BEGIN

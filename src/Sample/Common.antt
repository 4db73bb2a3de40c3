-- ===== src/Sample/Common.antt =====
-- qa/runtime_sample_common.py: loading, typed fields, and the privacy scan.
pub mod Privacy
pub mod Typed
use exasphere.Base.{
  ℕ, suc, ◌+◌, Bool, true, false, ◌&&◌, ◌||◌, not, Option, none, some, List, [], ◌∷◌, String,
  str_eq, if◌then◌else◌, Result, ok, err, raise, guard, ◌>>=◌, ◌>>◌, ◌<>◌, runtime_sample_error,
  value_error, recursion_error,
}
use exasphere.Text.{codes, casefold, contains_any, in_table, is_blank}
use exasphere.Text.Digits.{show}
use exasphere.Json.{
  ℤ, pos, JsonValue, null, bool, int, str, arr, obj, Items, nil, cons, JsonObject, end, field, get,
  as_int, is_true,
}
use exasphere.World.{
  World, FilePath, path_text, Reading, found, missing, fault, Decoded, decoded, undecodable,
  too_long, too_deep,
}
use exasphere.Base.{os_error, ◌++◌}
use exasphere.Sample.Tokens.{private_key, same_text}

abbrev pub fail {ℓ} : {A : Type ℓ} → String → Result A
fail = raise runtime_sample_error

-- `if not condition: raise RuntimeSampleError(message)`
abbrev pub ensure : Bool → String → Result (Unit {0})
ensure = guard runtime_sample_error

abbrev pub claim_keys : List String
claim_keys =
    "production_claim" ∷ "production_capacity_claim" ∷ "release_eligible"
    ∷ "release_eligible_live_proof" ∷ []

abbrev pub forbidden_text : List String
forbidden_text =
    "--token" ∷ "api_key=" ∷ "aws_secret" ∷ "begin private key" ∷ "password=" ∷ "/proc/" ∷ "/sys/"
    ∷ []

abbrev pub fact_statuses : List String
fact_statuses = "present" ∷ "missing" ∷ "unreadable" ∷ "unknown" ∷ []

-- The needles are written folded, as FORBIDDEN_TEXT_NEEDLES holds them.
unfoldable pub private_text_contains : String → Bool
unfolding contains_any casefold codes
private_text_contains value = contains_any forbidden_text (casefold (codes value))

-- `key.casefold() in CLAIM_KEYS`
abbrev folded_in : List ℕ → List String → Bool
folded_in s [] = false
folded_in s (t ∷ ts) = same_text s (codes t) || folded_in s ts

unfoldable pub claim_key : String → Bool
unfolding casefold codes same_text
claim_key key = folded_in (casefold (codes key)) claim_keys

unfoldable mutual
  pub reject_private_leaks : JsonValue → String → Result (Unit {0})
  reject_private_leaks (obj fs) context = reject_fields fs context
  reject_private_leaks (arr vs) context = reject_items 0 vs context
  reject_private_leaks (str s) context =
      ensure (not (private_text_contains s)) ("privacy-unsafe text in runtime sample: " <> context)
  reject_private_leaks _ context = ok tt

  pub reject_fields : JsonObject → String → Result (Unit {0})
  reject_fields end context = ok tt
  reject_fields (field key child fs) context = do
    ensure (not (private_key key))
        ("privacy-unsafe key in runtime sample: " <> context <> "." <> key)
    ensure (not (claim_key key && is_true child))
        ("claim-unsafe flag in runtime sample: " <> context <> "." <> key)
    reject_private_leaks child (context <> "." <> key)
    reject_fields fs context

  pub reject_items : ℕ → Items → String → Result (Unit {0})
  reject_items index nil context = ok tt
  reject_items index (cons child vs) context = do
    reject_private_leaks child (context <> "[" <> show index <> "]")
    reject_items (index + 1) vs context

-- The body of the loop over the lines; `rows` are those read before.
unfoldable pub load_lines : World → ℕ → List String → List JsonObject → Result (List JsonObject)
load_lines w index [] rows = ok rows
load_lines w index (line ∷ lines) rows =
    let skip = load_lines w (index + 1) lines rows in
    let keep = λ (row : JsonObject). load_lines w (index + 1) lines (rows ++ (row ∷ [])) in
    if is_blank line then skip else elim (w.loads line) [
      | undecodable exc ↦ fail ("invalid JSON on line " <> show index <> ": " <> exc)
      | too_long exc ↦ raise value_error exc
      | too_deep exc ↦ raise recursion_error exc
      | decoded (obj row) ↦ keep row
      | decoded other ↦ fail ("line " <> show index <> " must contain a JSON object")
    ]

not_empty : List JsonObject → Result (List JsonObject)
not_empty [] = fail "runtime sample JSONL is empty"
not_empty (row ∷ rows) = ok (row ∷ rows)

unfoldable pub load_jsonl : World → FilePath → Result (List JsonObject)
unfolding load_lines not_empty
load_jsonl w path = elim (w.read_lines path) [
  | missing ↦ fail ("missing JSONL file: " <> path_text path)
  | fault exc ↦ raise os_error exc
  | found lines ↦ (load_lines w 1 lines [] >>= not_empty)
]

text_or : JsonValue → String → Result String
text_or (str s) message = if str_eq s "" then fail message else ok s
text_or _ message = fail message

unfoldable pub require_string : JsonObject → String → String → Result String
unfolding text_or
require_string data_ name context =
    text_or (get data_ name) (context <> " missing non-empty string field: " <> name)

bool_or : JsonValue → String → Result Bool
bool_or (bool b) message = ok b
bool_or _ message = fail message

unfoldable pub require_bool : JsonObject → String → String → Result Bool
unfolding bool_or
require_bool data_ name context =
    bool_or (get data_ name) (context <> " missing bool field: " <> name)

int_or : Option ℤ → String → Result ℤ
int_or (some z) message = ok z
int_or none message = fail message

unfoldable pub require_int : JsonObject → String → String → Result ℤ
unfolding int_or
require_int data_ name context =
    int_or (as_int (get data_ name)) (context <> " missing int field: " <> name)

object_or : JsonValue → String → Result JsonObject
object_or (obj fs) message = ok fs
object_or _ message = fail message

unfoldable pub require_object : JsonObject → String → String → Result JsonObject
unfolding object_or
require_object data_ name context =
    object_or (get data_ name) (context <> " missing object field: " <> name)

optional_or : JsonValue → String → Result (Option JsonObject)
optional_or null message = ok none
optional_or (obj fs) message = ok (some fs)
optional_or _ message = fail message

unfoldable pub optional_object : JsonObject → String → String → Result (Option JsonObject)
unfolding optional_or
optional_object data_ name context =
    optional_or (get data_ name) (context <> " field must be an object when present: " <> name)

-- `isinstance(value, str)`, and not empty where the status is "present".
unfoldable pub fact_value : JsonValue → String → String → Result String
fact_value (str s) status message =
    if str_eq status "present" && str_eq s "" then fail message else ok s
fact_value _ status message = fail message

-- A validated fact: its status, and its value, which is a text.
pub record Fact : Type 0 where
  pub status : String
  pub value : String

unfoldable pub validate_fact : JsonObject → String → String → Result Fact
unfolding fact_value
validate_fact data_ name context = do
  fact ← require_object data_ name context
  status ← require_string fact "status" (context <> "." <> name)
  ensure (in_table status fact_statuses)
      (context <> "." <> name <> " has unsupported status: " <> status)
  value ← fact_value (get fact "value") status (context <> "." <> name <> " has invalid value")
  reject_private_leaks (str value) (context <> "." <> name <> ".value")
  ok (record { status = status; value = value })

END

Transcribe the records above exactly as they appear.

• **RESPONSE FOR THIS EXERCISE**:
filename src/Sample/Common.antt
repository 4db73bb2a3de40c3
-- ===== src/Sample/Common.antt =====
-- qa/runtime_sample_common.py: loading, typed fields, and the privacy scan.
pub mod Privacy
pub mod Typed
use exasphere.Base.{
  ℕ, suc, ◌+◌, Bool, true, false, ◌&&◌, ◌||◌, not, Option, none, some, List, [], ◌∷◌, String,
  str_eq, if◌then◌else◌, Result, ok, err, raise, guard, ◌>>=◌, ◌>>◌, ◌<>◌, runtime_sample_error,
  value_error, recursion_error,
}
use exasphere.Text.{codes, casefold, contains_any, in_table, is_blank}
use exasphere.Text.Digits.{show}
use exasphere.Json.{
  ℤ, pos, JsonValue, null, bool, int, str, arr, obj, Items, nil, cons, JsonObject, end, field, get,
  as_int, is_true,
}
use exasphere.World.{
  World, FilePath, path_text, Reading, found, missing, fault, Decoded, decoded, undecodable,
  too_long, too_deep,
}
use exasphere.Base.{os_error, ◌++◌}
use exasphere.Sample.Tokens.{private_key, same_text}

abbrev pub fail {ℓ} : {A : Type ℓ} → String → Result A
fail = raise runtime_sample_error

-- `if not condition: raise RuntimeSampleError(message)`
abbrev pub ensure : Bool → String → Result (Unit {0})
ensure = guard runtime_sample_error

abbrev pub claim_keys : List String
claim_keys =
    "production_claim" ∷ "production_capacity_claim" ∷ "release_eligible"
    ∷ "release_eligible_live_proof" ∷ []

abbrev pub forbidden_text : List String
forbidden_text =
    "--token" ∷ "api_key=" ∷ "aws_secret" ∷ "begin private key" ∷ "password=" ∷ "/proc/" ∷ "/sys/"
    ∷ []

abbrev pub fact_statuses : List String
fact_statuses = "present" ∷ "missing" ∷ "unreadable" ∷ "unknown" ∷ []

-- The needles are written folded, as FORBIDDEN_TEXT_NEEDLES holds them.
unfoldable pub private_text_contains : String → Bool
unfolding contains_any casefold codes
private_text_contains value = contains_any forbidden_text (casefold (codes value))

-- `key.casefold() in CLAIM_KEYS`
abbrev folded_in : List ℕ → List String → Bool
folded_in s [] = false
folded_in s (t ∷ ts) = same_text s (codes t) || folded_in s ts

unfoldable pub claim_key : String → Bool
unfolding casefold codes same_text
claim_key key = folded_in (casefold (codes key)) claim_keys

unfoldable mutual
  pub reject_private_leaks : JsonValue → String → Result (Unit {0})
  reject_private_leaks (obj fs) context = reject_fields fs context
  reject_private_leaks (arr vs) context = reject_items 0 vs context
  reject_private_leaks (str s) context =
      ensure (not (private_text_contains s)) ("privacy-unsafe text in runtime sample: " <> context)
  reject_private_leaks _ context = ok tt

  pub reject_fields : JsonObject → String → Result (Unit {0})
  reject_fields end context = ok tt
  reject_fields (field key child fs) context = do
    ensure (not (private_key key))
        ("privacy-unsafe key in runtime sample: " <> context <> "." <> key)
    ensure (not (claim_key key && is_true child))
        ("claim-unsafe flag in runtime sample: " <> context <> "." <> key)
    reject_private_leaks child (context <> "." <> key)
    reject_fields fs context

  pub reject_items : ℕ → Items → String → Result (Unit {0})
  reject_items index nil context = ok tt
  reject_items index (cons child vs) context = do
    reject_private_leaks child (context <> "[" <> show index <> "]")
    reject_items (index + 1) vs context

-- The body of the loop over the lines; `rows` are those read before.
unfoldable pub load_lines : World → ℕ → List String → List JsonObject → Result (List JsonObject)
load_lines w index [] rows = ok rows
load_lines w index (line ∷ lines) rows =
    let skip = load_lines w (index + 1) lines rows in
    let keep = λ (row : JsonObject). load_lines w (index + 1) lines (rows ++ (row ∷ [])) in
    if is_blank line then skip else elim (w.loads line) [
      | undecodable exc ↦ fail ("invalid JSON on line " <> show index <> ": " <> exc)
      | too_long exc ↦ raise value_error exc
      | too_deep exc ↦ raise recursion_error exc
      | decoded (obj row) ↦ keep row
      | decoded other ↦ fail ("line " <> show index <> " must contain a JSON object")
    ]

not_empty : List JsonObject → Result (List JsonObject)
not_empty [] = fail "runtime sample JSONL is empty"
not_empty (row ∷ rows) = ok (row ∷ rows)

unfoldable pub load_jsonl : World → FilePath → Result (List JsonObject)
unfolding load_lines not_empty
load_jsonl w path = elim (w.read_lines path) [
  | missing ↦ fail ("missing JSONL file: " <> path_text path)
  | fault exc ↦ raise os_error exc
  | found lines ↦ (load_lines w 1 lines [] >>= not_empty)
]

text_or : JsonValue → String → Result String
text_or (str s) message = if str_eq s "" then fail message else ok s
text_or _ message = fail message

unfoldable pub require_string : JsonObject → String → String → Result String
unfolding text_or
require_string data_ name context =
    text_or (get data_ name) (context <> " missing non-empty string field: " <> name)

bool_or : JsonValue → String → Result Bool
bool_or (bool b) message = ok b
bool_or _ message = fail message

unfoldable pub require_bool : JsonObject → String → String → Result Bool
unfolding bool_or
require_bool data_ name context =
    bool_or (get data_ name) (context <> " missing bool field: " <> name)

int_or : Option ℤ → String → Result ℤ
int_or (some z) message = ok z
int_or none message = fail message

unfoldable pub require_int : JsonObject → String → String → Result ℤ
unfolding int_or
require_int data_ name context =
    int_or (as_int (get data_ name)) (context <> " missing int field: " <> name)

object_or : JsonValue → String → Result JsonObject
object_or (obj fs) message = ok fs
object_or _ message = fail message

unfoldable pub require_object : JsonObject → String → String → Result JsonObject
unfolding object_or
require_object data_ name context =
    object_or (get data_ name) (context <> " missing object field: " <> name)

optional_or : JsonValue → String → Result (Option JsonObject)
optional_or null message = ok none
optional_or (obj fs) message = ok (some fs)
optional_or _ message = fail message

unfoldable pub optional_object : JsonObject → String → String → Result (Option JsonObject)
unfolding optional_or
optional_object data_ name context =
    optional_or (get data_ name) (context <> " field must be an object when present: " <> name)

-- `isinstance(value, str)`, and not empty where the status is "present".
unfoldable pub fact_value : JsonValue → String → String → Result String
fact_value (str s) status message =
    if str_eq status "present" && str_eq s "" then fail message else ok s
fact_value _ status message = fail message

-- A validated fact: its status, and its value, which is a text.
pub record Fact : Type 0 where
  pub status : String
  pub value : String

unfoldable pub validate_fact : JsonObject → String → String → Result Fact
unfolding fact_value
validate_fact data_ name context = do
  fact ← require_object data_ name context
  status ← require_string fact "status" (context <> "." <> name)
  ensure (in_table status fact_statuses)
      (context <> "." <> name <> " has unsupported status: " <> status)
  value ← fact_value (get fact "value") status (context <> "." <> name <> " has invalid value")
  reject_private_leaks (str value) (context <> "." <> name <> ".value")
  ok (record { status = status; value = value })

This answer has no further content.